Maybe I wouldn’t read him this one. Not because of the masturbating. He hated when I got out of the shower and didn’t dry off.

“It’s all wet!” he’d gripe like a crotchety old man. He hated standing water on surfaces and I liked making puddles.

How did that work? Love, I guess.

Would I still feel like this writing was real if he wasn’t going to be my audience of one from the other side of the bed? Would I make up something else productive to tell him when he asked how I spent my day? Maybe he wouldn’t ask.

I considered that at some point I’d have written so much there was no way he could possibly read all of it. There would be such momentum around the work, financial fuel and positive, constructive feedback, I wouldn’t feel the need to read to him out loud anymore.

What would I say then? What would I admit to?

Even the fiction of it felt so real.

Jaxy’d gotten up and sauntered back into the living room. I followed, opening the door so he could watch cat TV through the security screen.

I felt pretty relaxed and satisfied. Creatively exercised.

I looked down at the flattened beanbag that laid like a thick rectangular cot at an awkward angle in the front of our home, sandwiched between a giant monstera, my writing desk, a leather loveseat and long, tiled coffee table.

Maybe I’ll wake up earlier tomorrow, I mused, I could set the alarm and count down with The 5 Second Rule — jump up and stretch my arms — pull back the curtains — open up the front door. Burn sage — make my detox drinks. Sit with Jaxy for a whole hour of sun . . .

And then?


 

For a decade of my adult life, I’d determined I wasn’t living right until I got down a morning routine.

Now I had one.

Most mornings possessed a cadence and cleansing that moved me forward. On the beanbag, with my cat, journaling, tapping, sitting in the sun, hunched over so I could nestle my arms around him. It was private and unglamorous, and somehow, I thought it had to look completely different to be good enough.
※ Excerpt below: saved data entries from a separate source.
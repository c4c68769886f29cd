-- ===== src/Socket/Open.antt =====
-- Sockets that Common/src/gsocket.c opens. What the system calls answer is the record `SystemCalls`.
use music_server_app.Base.{
  ℕ, ◌≡◌, ◌⊎◌, inl, inr, Bool, true, false, Option, none, some, List, [], ◌∷◌, Outcome, g_ok,
  g_fail, is_g_ok, if◌then◌else◌, ◌==◌, Bool-cases, Option-cases,
}
use music_server_app.Base.Run.{Run, ok, fault, null_deref, ◌>>=◌}

-- `none` is a negative descriptor, an address that `inet_addr` refuses or `gethostbyname` does not
-- find; `host` is the first address of the host, byte by byte.
pub record SystemCalls : Type 0 where
  pub socket : Option ℕ
  pub address_is_valid : Bool
  pub ioctl_succeeds : Bool
  pub connects : Bool
  pub select_succeeds : Bool
  pub binds : Bool
  pub inet_address : Option ℕ
  pub host : Option (List ℕ)

-- With a descriptor below 0 there is no call.
unfoldable pub set_socket_blocking_enabled : SystemCalls → Option ℕ → Outcome
set_socket_blocking_enabled c none = g_fail
set_socket_blocking_enabled c (some fd) = if c.ioctl_succeeds then g_ok else g_fail

-- The number of `G_FAIL`.
abbrev pub g_fail_number : ℕ
g_fail_number = 2

-- The descriptor, or `none` for -1. Where `ioctl` fails the answer is `G_FAIL`, which is a descriptor.
unfoldable pub create_client_socket : SystemCalls → Option ℕ
unfolding set_socket_blocking_enabled
create_client_socket c = elim c.socket [
  | none ↦ none
  | some fd ↦
      if c.address_is_valid
      then (if is_g_ok (set_socket_blocking_enabled c (some fd))
          then (if c.connects then some fd else if c.select_succeeds then some fd else none)
          else some g_fail_number)
      else none
]

-- A host's address is read as one `char`, which is unsigned on ARM, so it is never `INADDR_NONE`.
unfoldable pub get_ip_address : SystemCalls → Run ℕ
get_ip_address c = elim c.inet_address [
  | some a ↦ ok a
  | none ↦ elim c.host [
    | none ↦ fault null_deref
    | some bytes ↦ elim bytes [ [] ↦ fault null_deref | b ∷ bs ↦ ok b ]
  ]
]

-- Only whether the address is 0 matters: the socket is bound to every address.
unfoldable pub create_server_socket : SystemCalls → Run (Option ℕ)
create_server_socket c = do
  ip ← get_ip_address c
  ok (
      if ip == 0
      then none
      else elim c.socket [ none ↦ none | some fd ↦ if c.binds then some fd else none ])

-- What an answer of `createClientSocket` means.
pub data Opened (c : SystemCalls) : Option ℕ → Type 0 where
  refused : Opened c none
  connected :
      {fd : ℕ}
      → c.socket ≡ some fd
      → (c.connects ≡ true) ⊎ (c.select_succeeds ≡ true)
      → Opened c (some fd)
  misread : {fd : ℕ} → c.socket ≡ some fd → c.ioctl_succeeds ≡ false → Opened c (some g_fail_number)

-- `createClientSocket` answers -1, or a socket that is connected or can be written; but where `ioctl`
-- fails on the new socket, it answers 2, the number of `G_FAIL`, which callers take for a socket.
pub create_client_socket-Opened : (c : SystemCalls) → Opened c (create_client_socket c)
unfolding create_client_socket set_socket_blocking_enabled
create_client_socket-Opened c = elim (Option-cases c.socket) [
  | inl e ↦ simp (e, create_client_socket) refused
  | inr (fd, e) ↦ elim (Bool-cases c.address_is_valid) [
    | inr bad ↦ simp (e, bad, create_client_socket) refused
    | inl valid ↦ elim (Bool-cases c.ioctl_succeeds) [
      | inr fails ↦ simp (e, valid, fails, create_client_socket) (misread e fails)
      | inl works ↦ elim (Bool-cases c.connects) [
        | inl there ↦ simp (e, valid, works, there, create_client_socket) (connected e (inl there))
        | inr not_yet ↦ elim (Bool-cases c.select_succeeds) [
          | inl later ↦
              simp (e, valid, works, not_yet, later, create_client_socket) (connected e (inr later))
          | inr never ↦ simp (e, valid, works, not_yet, never, create_client_socket) refused
        ]
      ]
    ]
  ]
]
My reach would get bigger, I’d have places to be, things to do. I wouldn’t have to worry about money anymore. I’d always be working on a book, a screenplay, a creative, purposeful project. My insides may still be scrambled. My physicality may not present perfectly. My cat would remain my best friend and the one I spent most of my time with. I’d still need support talks. I would doubt myself and be successful anyway.

I’d build a room off the front of my house, all windows, full of golden morning sun. The only piece of furniture, our beanbag. That’s where we’d start most days, missing it sorely when we didn’t. I couldn’t admit it to myself, just yet, that beanbag mornings were perhaps my favorite part of life.

Because I felt I should want more.

In ways, I did, but what I had was sweet and soft. Hopeful and rich in love.

It was my life, and I was living it. Everything culminated in these moments in the sun, and I regretted none of it.